EXERCISE INSTRUCTIONS —
Would you write out all of the records that follow, exactly as they stand?

MATERIAL FOR THIS TASK Block Start

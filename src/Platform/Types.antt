-- ===== src/Platform/Types.antt =====
-- internal/platform/types.go: the record types of the platform database.
pub use linea_server.Prelude.Int.{ℤ, pos, negsuc}
use linea_server.Prelude.{
  ℕ, String, str_eq, Bool, ◌||◌, ◌&&◌, ltb, leb, ◌==◌, trim_space, if◌then◌else◌,
}
use linea_server.Result.{Result, ok, err, plain}

-- `t > 0`, for an `int64` time stamp.
unfoldable pub is_positive : ℤ → Bool
is_positive (pos n) = ltb 0 n
is_positive (negsuc n) = Bool.false

-- `t == 0`
unfoldable pub is_zero : ℤ → Bool
is_zero (pos n) = n == 0
is_zero (negsuc n) = Bool.false

-- `type Visibility uint8`
abbrev pub Visibility : Type 0
Visibility = ℕ

abbrev pub visibility_private : Visibility
visibility_private = 1

abbrev pub visibility_unlisted : Visibility
visibility_unlisted = 2

abbrev pub visibility_public : Visibility
visibility_public = 3

-- `Visibility.IsValid`
abbrev pub is_valid_visibility : Visibility → Bool
is_valid_visibility v =
    v == visibility_private || v == visibility_unlisted || v == visibility_public

-- `Visibility.String`
pub visibility_name : Visibility → String
visibility_name v =
    if v == visibility_private
    then "Private"
    else if v == visibility_unlisted
    then "Unlisted"
    else if v == visibility_public
    then "Public"
    else "Unknown"

-- ParseVisibility; lower case is Unicode's, an argument.
unfoldable pub parse_visibility : (String → String) → String → Result Visibility
parse_visibility to_lower s =
    let t = to_lower (trim_space s) in
    if str_eq t "private"
    then ok visibility_private
    else if str_eq t "unlisted"
    then ok visibility_unlisted
    else if str_eq t "public"
    then ok visibility_public
    else err (plain "platform: unknown visibility")

-- `type Role uint8`
abbrev pub Role : Type 0
Role = ℕ

abbrev pub role_none : Role
role_none = 0

abbrev pub role_viewer : Role
role_viewer = 1

abbrev pub role_contributor : Role
role_contributor = 2

abbrev pub role_curator : Role
role_curator = 3

abbrev pub role_owner : Role
role_owner = 4

-- `Role.IsValid`
abbrev pub is_valid_role : Role → Bool
is_valid_role r = leb role_viewer r && leb r role_owner

-- `Role.String`
unfoldable pub role_name : Role → String
role_name r =
    if r == role_viewer
    then "Viewer"
    else if r == role_contributor
    then "Contributor"
    else if r == role_curator
    then "Curator"
    else if r == role_owner
    then "Owner"
    else "None"

pub record User : Type 0 where
  pub subject : String
  pub email : String
  pub created_at : ℤ
  pub suspended : Bool

pub record Genealogy : Type 0 where
  pub id : String
  pub name : String
  pub visibility : Visibility
  pub created_by : String
  pub created_at : ℤ

pub record Membership : Type 0 where
  pub subject : String
  pub genealogy_id : String
  pub role : Role
  pub granted_by : String
  pub granted_at : ℤ

pub record Ban : Type 0 where
  pub subject : String
  pub genealogy_id : String
  pub reason : String
  pub by : String
  pub at : ℤ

MATERIAL FOR THIS TASK Block End

ANSWER TO THIS EXERCISE —
filename src/Platform/Types.antt
-- ===== src/Platform/Types.antt =====
-- internal/platform/types.go: the record types of the platform database.
pub use linea_server.Prelude.Int.{ℤ, pos, negsuc}
use linea_server.Prelude.{
  ℕ, String, str_eq, Bool, ◌||◌, ◌&&◌, ltb, leb, ◌==◌, trim_space, if◌then◌else◌,
}
use linea_server.Result.{Result, ok, err, plain}

-- `t > 0`, for an `int64` time stamp.
unfoldable pub is_positive : ℤ → Bool
is_positive (pos n) = ltb 0 n
is_positive (negsuc n) = Bool.false

-- `t == 0`
unfoldable pub is_zero : ℤ → Bool
is_zero (pos n) = n == 0
is_zero (negsuc n) = Bool.false

-- `type Visibility uint8`
abbrev pub Visibility : Type 0
Visibility = ℕ

abbrev pub visibility_private : Visibility
visibility_private = 1

abbrev pub visibility_unlisted : Visibility
visibility_unlisted = 2

abbrev pub visibility_public : Visibility
visibility_public = 3

-- `Visibility.IsValid`
abbrev pub is_valid_visibility : Visibility → Bool
is_valid_visibility v =
    v == visibility_private || v == visibility_unlisted || v == visibility_public

-- `Visibility.String`
pub visibility_name : Visibility → String
visibility_name v =
    if v == visibility_private
    then "Private"
    else if v == visibility_unlisted
    then "Unlisted"
    else if v == visibility_public
    then "Public"
    else "Unknown"

-- ParseVisibility; lower case is Unicode's, an argument.
unfoldable pub parse_visibility : (String → String) → String → Result Visibility
parse_visibility to_lower s =
    let t = to_lower (trim_space s) in
    if str_eq t "private"
    then ok visibility_private
    else if str_eq t "unlisted"
    then ok visibility_unlisted
    else if str_eq t "public"
    then ok visibility_public
    else err (plain "platform: unknown visibility")

-- `type Role uint8`
abbrev pub Role : Type 0
Role = ℕ

abbrev pub role_none : Role
role_none = 0

abbrev pub role_viewer : Role
role_viewer = 1

abbrev pub role_contributor : Role
role_contributor = 2

abbrev pub role_curator : Role
role_curator = 3

abbrev pub role_owner : Role
role_owner = 4

-- `Role.IsValid`
abbrev pub is_valid_role : Role → Bool
is_valid_role r = leb role_viewer r && leb r role_owner

-- `Role.String`
unfoldable pub role_name : Role → String
role_name r =
    if r == role_viewer
    then "Viewer"
    else if r == role_contributor
    then "Contributor"
    else if r == role_curator
    then "Curator"
    else if r == role_owner
    then "Owner"
    else "None"

pub record User : Type 0 where
  pub subject : String
  pub email : String
  pub created_at : ℤ
  pub suspended : Bool

pub record Genealogy : Type 0 where
  pub id : String
  pub name : String
  pub visibility : Visibility
  pub created_by : String
  pub created_at : ℤ

pub record Membership : Type 0 where
  pub subject : String
  pub genealogy_id : String
  pub role : Role
  pub granted_by : String
  pub granted_at : ℤ

pub record Ban : Type 0 where
  pub subject : String
  pub genealogy_id : String
  pub reason : String
  pub by : String
  pub at : ℤ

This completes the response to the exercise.